Hardware platform selection

Servers ITPOD-SL201-D24R-NV-G4 were chosen as the basis for the new cluster, the characteristics of which met the requirements for performance and scalability.

Configuration of each node:

Processors: 2 × Intel Xeon 6526Y (Scalable Gen5)

Memory: 16 × 64 GB RDIMM 5600 MHz (1 TB RAM per node)

System disks: 2 × 960 GB U.2 NVMe

Data disks: 7 × 1920 GB U.2 NVMe

Network: 2 × dual-port 25Gb Ethernet SFP28 (OCP 3.0)

A key feature of the platform is the direct connection of NVMe disks to the motherboard without intermediate controllers, which minimizes delays and improves the performance of the software-defined storage layer.

vStack HCP-based architecture

The cluster is based on the vStack HCP platform, which combines computing resources, data storage, and network infrastructure into a single system. This approach allows you to work with a shared pool of resources without separating them into separate storage and network components.

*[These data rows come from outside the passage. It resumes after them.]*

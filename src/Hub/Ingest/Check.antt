-- ===== src/Hub/Ingest/Check.antt =====
-- src/hub/grpc.rs: the checks of a metric point, of a raw line and of a parsed entry. The clock reads
-- `now` during one of them.
use sentinalysis.Base.{
  Bool, Option, Text, [], codes, false, if◌then◌else◌, is_nil, min, none, not, some, text_eq, ℕ,
  ◌&&◌, ◌-◌, ◌==◌, ◌^◌, ◌||◌,
}
use sentinalysis.Base.Int.{leb_ℤ, ltb_ℤ, negsuc, pos, ℤ}
use sentinalysis.Base.Results.{Result, err, ok, ◌>>=◌}
use sentinalysis.Hub.Validate.{
  Reason, bad_status, client_ip, container, level, negative_response_time, no_service_identity,
  not_finite, request_path, sanitize_message, service_name, short_text, stream, threat_categories,
  threat_level, timestamp, unit_type,
}
use sentinalysis.Hub.Auth.Key.{Matcher}
use sentinalysis.Hub.Ingest.Wire.{F64, MetricPoint, ProtoParsedLogEntry, finite, infinite, nan}
use sentinalysis.LogScanner.Pipeline.{map_some}
use sentinalysis.LogScanner.Entry.{InsertLogEntry}
use sentinalysis.Agent.Forward.{LogLine}

-- The `regex` and `chrono` crates, and the parser of addresses.
pub record Env : Type 0 where
  pub is_match : Matcher
  -- `timestamp_millis_opt(ms).single()`, in nanoseconds
  pub from_millis : ℤ → Option ℤ
  pub parses_ip : Text → Bool

abbrev pub or_now : ℤ → Option ℤ → ℤ
or_now now none = now
or_now now (some t) = t

unfoldable pub ts_from_ms : Env → ℤ → ℤ → ℤ
ts_from_ms env now ms = or_now now (env.from_millis ms)

pub record InsertSystemMetric : Type 0 where
  pub host : Option Text
  pub timestamp : ℤ
  pub cpu_usage_percent : F64
  pub memory_used_bytes : ℤ
  pub memory_total_bytes : ℤ
  pub disk_used_bytes : ℤ
  pub disk_total_bytes : ℤ
  pub load_avg_1m : F64
  pub load_avg_5m : F64
  pub network_rx_bytes : ℤ
  pub network_tx_bytes : ℤ

-- `is_finite() && value >= 0.0`; minus zero is not below zero.
abbrev pub is_nonnegative : F64 → Bool
is_nonnegative nan = false
is_nonnegative infinite = false
is_nonnegative (finite negative n) = not negative || n == 0

unfoldable pub checked_finite : F64 → Text → Result Reason F64
checked_finite value name = if is_nonnegative value then ok value else err (not_finite name)

-- `value.min(i64::MAX as u64) as i64`
abbrev pub clamp_i64 : ℕ → ℤ
clamp_i64 n = pos (min n (2 ^ 63 - 1))

unfoldable pub validate_point : Env → ℤ → Text → MetricPoint → Result Reason InsertSystemMetric
unfolding checked_finite timestamp ts_from_ms
validate_point env now hostname point = do
  let at = ts_from_ms env now point.timestamp_ms
  in_window ← timestamp at now
  cpu ← checked_finite point.cpu_percent (codes "cpu_percent")
  load_1m ← checked_finite point.load_1m (codes "load_1m")
  load_5m ← checked_finite point.load_5m (codes "load_5m")
  ok record {
    host = some hostname;
    timestamp = at;
    cpu_usage_percent = cpu;
    memory_used_bytes = clamp_i64 point.mem_used_bytes;
    memory_total_bytes = clamp_i64 point.mem_total_bytes;
    disk_used_bytes = clamp_i64 point.disk_used_bytes;
    disk_total_bytes = clamp_i64 point.disk_total_bytes;
    load_avg_1m = load_1m;
    load_avg_5m = load_5m;
    network_rx_bytes = clamp_i64 point.net_rx_bytes_total;
    network_tx_bytes = clamp_i64 point.net_tx_bytes_total;
  }

-- A message is never off a boundary, so `none` does not arise.
abbrev pub text_of_option : Option Text → Text
text_of_option none = []
text_of_option (some t) = t

unfoldable pub line_level : Text → Text
unfolding text_eq
line_level stream = if text_eq stream (codes "stderr") then codes "error" else codes "info"

-- The cleaned message.
unfoldable pub cleaned : Text → Text
unfolding sanitize_message
cleaned raw = text_of_option (sanitize_message raw)

unfoldable pub validate_log_line : Env → ℤ → Text → LogLine → Result Reason InsertLogEntry
unfolding container stream timestamp ts_from_ms cleaned line_level
validate_log_line env now hostname line = do
  named ← container env.is_match line.container
  known_stream ← stream line.stream
  let at = ts_from_ms env now line.timestamp_ms
  in_window ← timestamp at now
  let message = cleaned line.message
  ok record {
    service_id = none;
    timestamp = at;
    level = line_level line.stream;
    message = message;
    raw_line = some message;
    client_ip = none;
    request_path = none;
    status_code = none;
    response_time_ms = none;
    is_noise = false;
    noise_reason = none;
    threat_level = codes "none";
    threat_categories = [];
    source_host = some hostname;
  }

-- An entry ready for storage, with the service identity that the agent resolved.
pub record ParsedIngest : Type 0 where
  pub entry : InsertLogEntry
  pub service_name : Text
  pub service_unit_type : Text
  pub virtual_host : Option Text

-- A check of a value that may be absent.
abbrev pub if_some : (Text → Result Reason Unit) → Option Text → Result Reason Unit
if_some check none = ok tt
if_some check (some value) = check value

abbrev pub or_zero : Option ℤ → ℤ
or_zero none = pos 0
or_zero (some n) = n

abbrev pub is_below_zero : Option ℤ → Bool
is_below_zero none = false
is_below_zero (some n) = ltb_ℤ n (pos 0)

unfoldable pub status_code_range : ℤ → Result Reason Unit
status_code_range n =
    if not (leb_ℤ (pos 0) n && leb_ℤ n (pos 599)) then err (bad_status n) else ok tt

unfoldable pub response_time_sign : Option ℤ → Result Reason Unit
response_time_sign ms = if is_below_zero ms then err negative_response_time else ok tt

unfoldable pub service_identity : Text → Text → Result Reason Unit
service_identity name unit = if is_nil name || is_nil unit then err no_service_identity else ok tt

-- The checks of `validate_parsed_entry`, in its order.
unfoldable pub check_parsed : Env → ℤ → ProtoParsedLogEntry → Result Reason Unit
unfolding timestamp ts_from_ms level threat_level threat_categories client_ip request_path
    short_text status_code_range response_time_sign service_identity service_name unit_type
check_parsed env now parsed = do
  in_window ← timestamp (ts_from_ms env now parsed.timestamp_ms) now
  known_level ← level parsed.level
  known_threat ← threat_level parsed.threat_level
  categories_ok ← threat_categories parsed.threat_categories
  ip_ok ← if_some (client_ip env.parses_ip) parsed.client_ip
  path_ok ← if_some request_path parsed.request_path
  reason_ok ← if_some (λ reason. short_text reason (codes "noise_reason")) parsed.noise_reason
  status_ok ← status_code_range (or_zero parsed.status_code)
  time_ok ← response_time_sign parsed.response_time_ms
  identified ← service_identity parsed.service_name parsed.service_unit_type
  name_ok ← service_name env.is_match parsed.service_name
  unit_ok ← unit_type parsed.service_unit_type
  if_some (service_name env.is_match) parsed.virtual_host

-- `i16::try_from(n).ok()`
abbrev pub i16_try_from : ℤ → Option ℤ
i16_try_from n =
    if leb_ℤ (negsuc (2 ^ 15 - 1)) n && leb_ℤ n (pos (2 ^ 15 - 1)) then some n else none

abbrev pub is_zero : ℤ → Bool
is_zero (pos n) = n == 0
is_zero (negsuc n) = false

unfoldable pub stored_status : ℤ → Option ℤ
stored_status n = if is_zero n then none else i16_try_from n

unfoldable pub parsed_ingest : Env → ℤ → Text → ProtoParsedLogEntry → ParsedIngest
unfolding ts_from_ms cleaned stored_status
parsed_ingest env now hostname parsed = record {
  entry = record {
    service_id = none;
    timestamp = ts_from_ms env now parsed.timestamp_ms;
    level = parsed.level;
    message = cleaned parsed.message;
    raw_line = map_some cleaned parsed.raw_line;
    client_ip = parsed.client_ip;
    request_path = parsed.request_path;
    status_code = stored_status (or_zero parsed.status_code);
    response_time_ms = parsed.response_time_ms;
    is_noise = parsed.is_noise;
    noise_reason = parsed.noise_reason;
    threat_level = parsed.threat_level;
    threat_categories = parsed.threat_categories;
    source_host = some hostname;
  };
  service_name = parsed.service_name;
  service_unit_type = parsed.service_unit_type;
  virtual_host = parsed.virtual_host;
}

unfoldable pub validate_parsed_entry :
    Env → ℤ → Text → ProtoParsedLogEntry → Result Reason ParsedIngest
unfolding check_parsed parsed_ingest
validate_parsed_entry env now hostname parsed = do
  checked ← check_parsed env now parsed
  ok (parsed_ingest env now hostname parsed)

– computing resources are provided by ITPOD servers;

– NVMe disks ensure stable operation of applications under high load;

– built-in vStack HCP network architecture simplifies management of routing and traffic balancing;

– the system maintains performance even with a sharp increase in load.

Virtual infrastructure migration

After the cluster deployment in IXcellerate, the virtual infrastructure of Serverspace was migrated. The virtual machines were transferred:

– between different virtualization environments;

– between vStack clusters.

The Infrastructure as Code (IaC) approach was used for data-level migration. An identical information system was deployed in the target environment without user data, after which data was copied and applications were launched already on the new site.

We also used a phased withdrawal of nodes from the original infrastructure after integrating new servers, which allowed us to migrate without stopping the services.

Testing and Fault Tolerance

The cluster architecture was initially designed to handle single-node failures. ITGLOBAL.COM conducted a series of load and crash tests.

Scenario 1: Single-Node Failure

Under active load (100 MB/s write, 300 MB/s read), one server was shut down:

– after 8 seconds, fencing triggered, and the node was removed from the cluster;

– the virtual machines automatically restarted on other nodes;

– degradation of SDS performance was recorded.

Scenario 2: Sequential failure of two nodes

After the first node failed, the second server was disabled:

– the system correctly handled the double failure;

– the availability of services and data was preserved;

– the performance decrease was less than 15% during the rebalancing;

– after ~20 minutes, the performance recovered to 100%.

Network architecture

25-gigabit network adapters are used for the cluster, as in the vStack HCP architecture the following passes through Ethernet:

– client traffic;

– storage traffic;

– virtual machine migration traffic;

– platform management traffic.

Two network adapters connected to different CPU socket provide fault tolerance and optimal load distribution taking into account the NUMA architecture.

Results

As a result of the launch of the new cluster, ITGLOBAL.COM achieved the following results:

– the performance of the disk subsystem increased by 3 times;

– the number of CPU cores per node increased by 2 times with the same power consumption;

– the cost of ownership per virtual machine decreased by 35%;

– fault tolerance was confirmed even with multiple failures;

– the cost of the solution increased by only 15% with a 3-fold increase in performance.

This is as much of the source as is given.